Roman okumak zararlı mıdır?
Stendhal'in Kırmızı ve Siyah'ındaki "Roman uzun bir yolda dolaştırılan bir ayna gibidir." cümlesinden bu yana, roman çoğunlukla sosyal hayat bağlamında toplumun yansıdığı bir ayna olarak teşbih edilmiştir. 19. asırda edebiyatımıza giren romanın da bu niteliğini bariz bir şekilde hissettirmesi, yine aynı döneme rastlar. Ait olduğu ve geldiği kültürün dünya görüşünden portreler sunan roman, imparatorluk topraklarına adım attığı andan itibaren birtakım tartışmalara yol açmıştır.
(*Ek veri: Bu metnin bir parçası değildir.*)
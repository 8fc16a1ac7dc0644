-- ===== src/Idt.antt =====
-- src/idt.c and src/include/idt.h: the gates of the interrupt descriptor table, and the interrupt
-- handlers' effect on the kernel's counters. The handlers' addresses are arguments.
pub mod Gates
pub mod Faults
mod Tests
use bloreos.Base.{
  ℕ, zero, suc, ◌+◌, ◌-◌, ◌*◌, ◌^◌, ◌==◌, if◌then◌else◌, List, [], ◌∷◌, Bool, true, false, update,
  ◌>>>◌, u8, u16, u32, u64,
}

-- TIMER_VECTOR, KEYBOARD_VECTOR, LAPICTMR_VECTOR
abbrev pub timer_vector : ℕ
timer_vector = 32

abbrev pub keyboard_vector : ℕ
keyboard_vector = 33

abbrev pub lapictmr_vector : ℕ
lapictmr_vector = 35

-- PRIVELEGE_RING0
abbrev pub privelege_ring0 : ℕ
privelege_ring0 = 0x8e

-- `struct idt_entry`
pub record IdtEntry : Type 0 where
  pub base_low : ℕ
  pub selector : ℕ
  pub ist : ℕ
  pub flags : ℕ
  pub base_mid : ℕ
  pub base_high : ℕ
  pub reserved : ℕ

abbrev pub Idt : Type 0
Idt = ℕ → IdtEntry

-- What memset leaves in an entry.
abbrev pub cleared : IdtEntry
cleared = record {
  base_low = 0;
  selector = 0;
  ist = 0;
  flags = 0;
  base_mid = 0;
  base_high = 0;
  reserved = 0;
}

abbrev pub gate : ℕ → ℕ → IdtEntry
gate ihandler flags = record {
  base_low = u16 ihandler;
  base_mid = u16 (ihandler >>> 16);
  base_high = u32 (ihandler >>> 32);
  selector = 0x08;
  flags = flags;
  ist = 0;
  reserved = 0;
}

unfoldable pub idt_set_gate : Idt → ℕ → ℕ → ℕ → Idt
idt_set_gate idt vector handler flags = update idt vector (gate handler flags)

-- for (i = 0; i < 32; i++), with `left` rounds to go
unfoldable pub fault_gates : Idt → (ℕ → ℕ) → ℕ → ℕ → Idt
unfolding idt_set_gate
fault_gates idt isr_thunks zero i = idt
fault_gates idt isr_thunks (suc left) i =
    fault_gates (idt_set_gate idt i (isr_thunks i) privelege_ring0) isr_thunks left (i + 1)

-- `idt_init`, before it loads the table.
unfoldable pub idt_init : (ℕ → ℕ) → ℕ → ℕ → ℕ → Idt
unfolding idt_set_gate
idt_init isr_thunks handle_timer isr_ps2 handle_lapic_timer =
    idt_set_gate
      (idt_set_gate
        (idt_set_gate (fault_gates (λ v. cleared) isr_thunks 32 0) timer_vector handle_timer
          privelege_ring0)
        keyboard_vector isr_ps2 privelege_ring0)
      lapictmr_vector handle_lapic_timer privelege_ring0

-- `idtp.limit`: 256 entries of 16 bytes, less one.
abbrev pub idt_limit : ℕ
idt_limit = 16 * 256 - 1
Özellikle romanın zararlı olup olmadığı ve kimler tarafından okunması gerektiği başta toplum olmak üzere dönemin aydınları tarafından da irdelenen bir konu olmuştur. İşte, Servet-i Fünun döneminde Mehmet Celal öncülüğünde gerçekleştirilen romanın zararları üzerine bir tartışma...
Hayatımız mı roman, roman mı hayatımız?
Max Nordau, "Modern insanı ortaya çıkaran romanla tiyatrodur" der. Bizler yalnızca hayatlarımızın edebiyatı şekillendirdiğini düşünürüz. Bu sebeple, "hayatımız roman" tabiri herkes tarafından sıklıkla kullanılır. Oysaki kimi zaman bu durumun tersi de meydana gelir, edebiyat da sıklıkla hayatı türlü şekillerle etkiler.